# Aim of the exercise:
Sort through the entries below and pull out lines containing the word "abbrev".

# Material for this exercise:
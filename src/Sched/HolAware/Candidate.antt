-- ===== src/Sched/HolAware/Candidate.antt =====
-- core/sched/tier4_hol_aware.go: the slow path that HoLAware.Next falls back on, and a full turn over
-- the tied paths.
use bondify.Common.{
  ℕ, suc, ◌+◌, ◌%◌, ◌<◌, ◌≡◌, refl, ap, ◌∙◌, get_elem?, subst, Bool, true, false, ◌||◌, not, Option,
  none, some, List, [], ◌∷◌, arith, ◌==◌, if◌then◌else◌, length, if_intro, Bool-cases, inl, inr,
}
use bondify.Common.Int.{ℤ, ltb_ℤ, ◌≤ℤ◌}
use bondify.Sched.{PathView, has_room}
use bondify.Sched.Rotation.{ScanFound, passes, slot-turn, turn}
use bondify.Sched.Ties.{measured, Among, path_in}
use bondify.Sched.HolAware.{better, slowest_from}

from_zero : (n cursor k : ℕ) → (cursor + (0 + k)) % n ≡ (cursor + k) % n
from_zero n cursor k = ap (λ m. (cursor + m) % n) (omega arith)

module _ {F : Type 0} where
  -- A property of the candidate, if there is one.
  abbrev pub OfBest : (PathView F → ℤ → Type 0) → Option (PathView F × ℤ) → Type 0
  OfBest P none = Unit
  OfBest P (some (p, rtt)) = P p rtt

  better-OfBest :
      (P : PathView F → ℤ → Type 0) (best : Option (PathView F × ℤ)) (p : PathView F) (rtt : ℤ)
      → OfBest P best
      → P p rtt
      → OfBest P (better best p rtt)
  better-OfBest P none p rtt b h = h
  better-OfBest P (some (q, slow)) p rtt b h = if_intro (OfBest P) (ltb_ℤ rtt slow) (λ e. h) λ e. b

  unfoldable pub skips : List (PathView F) → PathView F → Bool
  skips primary p = path_in primary p || not (has_room p)

  pub slowest_from-OfBest :
      (P : PathView F → ℤ → Type 0) (primary : List (PathView F)) (best : Option (PathView F × ℤ))
      (ps : List (PathView F))
      → OfBest P best
      → ((q : PathView F) → Among q ps → skips primary q ≡ false → P q (measured q.rtt_min))
      → OfBest P (slowest_from primary best ps)
  unfolding slowest_from skips
  slowest_from-OfBest P primary best [] b h = b
  slowest_from-OfBest P primary best (p ∷ ps) b h =
      let best' = if skips primary p then best else better best p (measured p.rtt_min) in
      slowest_from-OfBest P primary best' ps
        (if_intro (OfBest P) (skips primary p) (λ e. b)
          λ e. better-OfBest P best p (measured p.rtt_min) b (h p (inl refl) e))
        λ q a s. h q (inr a) s

  -- There is a candidate, and its round trip is at most this.
  abbrev pub Below : Option (PathView F × ℤ) → ℤ → Type 0
  Below none n = ⊥
  Below (some (p, rtt)) n = rtt ≤ℤ n

  better-Below :
      (best : Option (PathView F × ℤ)) (p : PathView F) (rtt n : ℤ)
      → Below best n
      → Below (better best p rtt) n
  better-Below none p rtt n h = absurd h
  better-Below (some (q, slow)) p rtt n h =
      if_intro (λ o. Below o n) (ltb_ℤ rtt slow) (λ e. ground arith) (λ e. h)

  better-Below-own :
      (best : Option (PathView F × ℤ)) (p : PathView F) (rtt : ℤ) → Below (better best p rtt) rtt
  better-Below-own none p rtt = omega arith
  better-Below-own (some (q, slow)) p rtt =
      if_intro (λ o. Below o rtt) (ltb_ℤ rtt slow) (λ e. omega arith) (λ e. ground arith)

  -- The candidate of the loop is never given up for a slower one.
  kept :
      (primary : List (PathView F)) (best : Option (PathView F × ℤ)) (ps : List (PathView F))
      (n : ℤ)
      → Below best n
      → Below (slowest_from primary best ps) n
  unfolding slowest_from skips
  kept primary best [] n b = b
  kept primary best (p ∷ ps) n b =
      kept primary (if skips primary p then best else better best p (measured p.rtt_min)) ps n (
        if_intro (λ o. Below o n) (skips primary p) (λ e. b)
          λ e. better-Below best p (measured p.rtt_min) n b)

  -- It is at most as slow as any path that the loop does not skip.
  pub found :
      (primary : List (PathView F)) (best : Option (PathView F × ℤ)) (ps : List (PathView F))
      (q : PathView F)
      → Among q ps
      → skips primary q ≡ false
      → Below (slowest_from primary best ps) (measured q.rtt_min)
  unfolding slowest_from skips
  found primary best [] q a s = elim a [ ]
  found primary best (p ∷ ps) q a s =
      let best' = if skips primary p then best else better best p (measured p.rtt_min) in
      elim a [
        | inl here ↦
            subst (λ r. Below (slowest_from primary best' ps) (measured r.rtt_min)) here
              (kept primary best' ps (measured p.rtt_min) (
                if_intro (λ o. Below o (measured p.rtt_min)) (skips primary p)
                  (λ e. absurd (let f = subst (λ r. skips primary r ≡ true) here e in cc))
                  λ e. better-Below-own best p (measured p.rtt_min)))
        | inr later ↦ found primary best' ps q later s
      ]

  pub path_in-Among :
      (primary : List (PathView F)) (p : PathView F)
      → path_in primary p ≡ true
      → (q : PathView F) × Among q primary × (q.id ≡ p.id)
  unfolding path_in
  path_in-Among [] p h = absurd (ground arith)
  path_in-Among (q ∷ ps) p h = elim (Bool-cases (q.id == p.id)) [
    | inl e ↦ (q, inl refl, ground arith)
    | inr e ↦ (let (r, a, s) = path_in-Among ps p (ground arith) in (r, inr a, s))
  ]

  pub place_of :
      (ps : List (PathView F)) (q : PathView F)
      → Among q ps
      → (j : ℕ) × (j < length ps) × (get_elem? ps j ≡ some q)
  place_of [] q a = elim a [ ]
  place_of (p ∷ ps) q a = elim a [
    | inl e ↦ (0, omega arith, ap some e)
    | inr k ↦ (let (j, b, e) = place_of ps q k in (suc j, omega arith, e))
  ]

  -- A full turn that finds nothing has looked at every path.
  pub full_turn_blocks :
      (primary : List (PathView F)) (cursor : ℕ)
      → (0 < length primary → cursor < length primary)
      → ScanFound has_room primary cursor (length primary) 0 none
      → (q : PathView F) → Among q primary
      → has_room q ≡ false
  full_turn_blocks primary cursor low full q a =
      let (j, b, e) = place_of primary q a in
      let (t, s) = slot-turn (length primary) cursor j (low (omega arith)) b in
      let f = full (turn (length primary) cursor j) t in
      let at = from_zero (length primary) cursor (turn (length primary) cursor j) ∙ s in
      subst (λ o. holds o ≡ false) e (subst (λ m. passes has_room primary m ≡ false) at f)
    where
      holds : Option (PathView F) → Bool
      holds none = false
      holds (some p) = has_room p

# Reply to the exercise:
  abbrev pub OfBest : (PathView F → ℤ → Type 0) → Option (PathView F × ℤ) → Type 0
  abbrev pub Below : Option (PathView F × ℤ) → ℤ → Type 0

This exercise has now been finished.